-- ===== src/Base/Members.antt =====
-- Membership by `===`, lists without repetition, and taking one element away.
use Prim.Native.Nat.{ℕ, zero, suc, ◌+◌}
use mathlib.Core.Path.{◌≡◌, refl, subst}
use mathlib.Core.Logic.{inl, inr}
use mathlib.Core.Bool.{Bool, true, false, not, ◌&&◌, ◌||◌}
use mathlib.Core.Option.{Option, none, some}
use mathlib.Core.List.{List, [], ◌∷◌, ◌++◌}
use native.Mathlib.Omega.{arith}
use centos_info_collect.Base.Tests.{Eq, ◌==◌, if◌then◌else◌, Bool-cases, Option-cases}
use centos_info_collect.Base.Lists.{length, All, select}
use centos_info_collect.Base.Keyed.{has, insert, erase}

-- one element out of a list, by its position, and what is left
abbrev pub pick {ℓ} : {A : Type ℓ} → ℕ → List A → Option (A × List A)
pick i [] = none
pick zero (x ∷ xs) = some (x, xs)
pick (suc i) (x ∷ xs) = elim (pick i xs) [ none ↦ none | some (y, ys) ↦ some (y, x ∷ ys) ]

pub All-pick {ℓ κ} :
    {A : Type ℓ} (P : A → Type κ) (i : ℕ) (xs : List A) {a : A} {rest : List A}
    → pick i xs ≡ some (a, rest)
    → All P xs
    → P a × All P rest
All-pick P i [] h k = cc
All-pick P zero (x ∷ xs) {a} {rest} h k =
    let p : x ≡ a = ground arith in
    let q : xs ≡ rest = ground arith in (subst P p k.0, subst (All P) q k.1)
All-pick P (suc i) (x ∷ xs) {a} {rest} h k = elim (Option-cases (pick i xs)) [
  | inl gone ↦ cc (rw gone at h)
  | inr ((y, ys), found) ↦
      let (p, q) = All-pick P i xs found k.1 in
      let same : y ≡ a = ground (arith, rw found at h) in
      let left : x ∷ ys ≡ rest = ground (arith, rw found at h) in
      (subst P same p, subst (All P) left (k.0, q))
]

pub length-pick {ℓ} :
    {A : Type ℓ} (i : ℕ) (xs : List A) {a : A} {rest : List A}
    → pick i xs ≡ some (a, rest)
    → length xs ≡ suc (length rest)
length-pick i [] h = cc
length-pick zero (x ∷ xs) h = ground arith
length-pick (suc i) (x ∷ xs) h = elim (Option-cases (pick i xs)) [
  | inl gone ↦ cc (rw gone at h)
  | inr ((y, ys), found) ↦ ground (arith, length-pick i xs found, rw found at h)
]

module _ {ℓ} {A : Type ℓ} ⦃e : Eq A⦄ where
  unfoldable pub elem : A → List A → Bool
  elem a [] = false
  elem a (x ∷ xs) = x == a || elem a xs

  unfoldable pub distinct : List A → Bool
  unfolding elem
  distinct [] = true
  distinct (x ∷ xs) = not (elem x xs) && distinct xs

  -- without the first occurrence
  unfoldable pub remove : A → List A → List A
  remove a [] = []
  remove a (x ∷ xs) = if x == a then xs else x ∷ remove a xs

  pub elem-append : (a : A) (xs ys : List A) → elem a (xs ++ ys) ≡ (elem a xs || elem a ys)
  unfolding elem
  elem-append a [] ys = refl
  elem-append a (x ∷ xs) ys = ground (arith, elem-append a xs ys)

  pub elem-snoc : (a x : A) (xs : List A) → elem a (xs ++ x ∷ []) ≡ (elem a xs || x == a)
  unfolding elem
  elem-snoc a x [] = ground arith
  elem-snoc a x (y ∷ xs) = ground (arith, elem-snoc a x xs)

  pub distinct-snoc :
      (x : A) (xs : List A) → distinct (xs ++ x ∷ []) ≡ (distinct xs && not (elem x xs))
  unfolding elem distinct
  distinct-snoc x [] = refl
  distinct-snoc x (y ∷ xs) =
      ground (arith, distinct-snoc x xs, elem-snoc y x xs, e.beq_iff x y, e.beq_iff y x)

  pub length-remove :
      (a : A) (xs : List A) → elem a xs ≡ true → length (remove a xs) + 1 ≡ length xs
  unfolding elem remove
  length-remove a [] h = cc
  length-remove a (x ∷ xs) h = ground (arith, length-remove a xs)

  pub elem-remove :
      (b a : A) (xs : List A)
      → distinct xs ≡ true
      → elem b (remove a xs) ≡ (elem b xs && not (a == b))
  unfolding elem distinct remove
  elem-remove b a [] h = refl
  elem-remove b a (x ∷ xs) h =
      ground (arith, elem-remove b a xs, e.beq_iff x a, e.beq_iff x b, e.beq_iff a b, e.beq_iff b a)

  pub distinct-remove : (a : A) (xs : List A) → distinct xs ≡ true → distinct (remove a xs) ≡ true
  unfolding elem distinct remove
  distinct-remove a [] h = refl
  distinct-remove a (x ∷ xs) h = ground (arith, distinct-remove a xs, elem-remove x a xs)

  pub elem-select : (a : A) (p : A → Bool) (xs : List A) → elem a (select p xs) ≡ (elem a xs && p a)
  unfolding elem
  elem-select a p [] = refl
  elem-select a p (x ∷ xs) = ground (arith, elem-select a p xs, e.beq_iff x a)

  -- What holds of every element holds of a member.
  pub All-elem {κ} : (P : A → Type κ) (a : A) (xs : List A) → All P xs → elem a xs ≡ true → P a
  unfolding elem
  All-elem P a [] h m = cc
  All-elem P a (x ∷ xs) h m = elim (Bool-cases (x == a)) [
    | inl here ↦ subst P ((e.beq_iff x a).0 here) h.0
    | inr later ↦ All-elem P a xs h.1 (ground arith)
  ]

  pub elem-pick :
      (i : ℕ) (xs : List A) {a : A} {rest : List A} (b : A)
      → pick i xs ≡ some (a, rest)
      → elem b xs ≡ (a == b || elem b rest)
  unfolding elem
  elem-pick i [] b h = cc
  elem-pick zero (x ∷ xs) b h = ground arith
  elem-pick (suc i) (x ∷ xs) b h = elim (Option-cases (pick i xs)) [
    | inl gone ↦ cc (rw gone at h)
    | inr ((y, ys), found) ↦ ground (arith, elem-pick i xs b found, rw found at h)
  ]

  pub distinct-pick :
      (i : ℕ) (xs : List A) {a : A} {rest : List A}
      → pick i xs ≡ some (a, rest)
      → distinct xs ≡ true
      → (distinct rest ≡ true) × (elem a rest ≡ false)
  unfolding elem distinct
  distinct-pick i [] h d = cc
  distinct-pick zero (x ∷ xs) h d = ground arith
  distinct-pick (suc i) (x ∷ xs) h d = elim (Option-cases (pick i xs)) [
    | inl gone ↦ cc (rw gone at h)
    | inr ((y, ys), found) ↦ ground (
      arith,
      elem-pick i xs x found,
      distinct-pick i xs found,
      rw found at h,
      e.beq_iff x y,
      e.beq_iff y x,
    )
  ]

module _ {ℓ κ} {A : Type ℓ} {V : Type κ} ⦃e : Eq A⦄ where
  abbrev pub keys : List (A × V) → List A
  keys [] = []
  keys ((k, v) ∷ m) = k ∷ keys m

  pub has-keys : (k : A) (m : List (A × V)) → has k m ≡ elem k (keys m)
  unfolding has elem
  has-keys k [] = refl
  has-keys k ((j, v) ∷ m) = rw (has-keys k m)

  pub keys-insert_new :
      (k : A) (v : V) (m : List (A × V))
      → elem k (keys m) ≡ false
      → keys (insert k v m) ≡ keys m ++ k ∷ []
  unfolding insert elem
  keys-insert_new k v [] h = refl
  keys-insert_new k v ((j, w) ∷ m) h = ground (arith, keys-insert_new k v m)

  pub keys-erase_absent :
      (k : A) (m : List (A × V)) → elem k (keys m) ≡ false → keys (erase k m) ≡ keys m
  unfolding erase elem
  keys-erase_absent k [] h = refl
  keys-erase_absent k ((j, v) ∷ m) h = ground (arith, keys-erase_absent k m)

  pub keys-erase :
      (k : A) (m : List (A × V)) → distinct (keys m) ≡ true → keys (erase k m) ≡ remove k (keys m)
  unfolding erase distinct remove
  keys-erase k [] h = refl
  keys-erase k ((j, v) ∷ m) h = ground (arith, keys-erase k m, keys-erase_absent k m, e.beq_iff j k)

★ ★ ★ ★ ★ ★ ★

» TASK INSTRUCTIONS
Starting at the line with "has-keys k [] = refl", restate each line through the end of the records, both ends included, and stop there.

» SOLUTION FOR THIS TASK
  has-keys k [] = refl
  has-keys k ((j, v) ∷ m) = rw (has-keys k m)

  pub keys-insert_new :
      (k : A) (v : V) (m : List (A × V))
      → elem k (keys m) ≡ false
      → keys (insert k v m) ≡ keys m ++ k ∷ []
  unfolding insert elem
  keys-insert_new k v [] h = refl
  keys-insert_new k v ((j, w) ∷ m) h = ground (arith, keys-insert_new k v m)

  pub keys-erase_absent :
      (k : A) (m : List (A × V)) → elem k (keys m) ≡ false → keys (erase k m) ≡ keys m
  unfolding erase elem
  keys-erase_absent k [] h = refl
  keys-erase_absent k ((j, v) ∷ m) h = ground (arith, keys-erase_absent k m)

  pub keys-erase :
      (k : A) (m : List (A × V)) → distinct (keys m) ≡ true → keys (erase k m) ≡ remove k (keys m)
  unfolding erase distinct remove
  keys-erase k [] h = refl
  keys-erase k ((j, v) ∷ m) h = ground (arith, keys-erase k m, keys-erase_absent k m, e.beq_iff j k)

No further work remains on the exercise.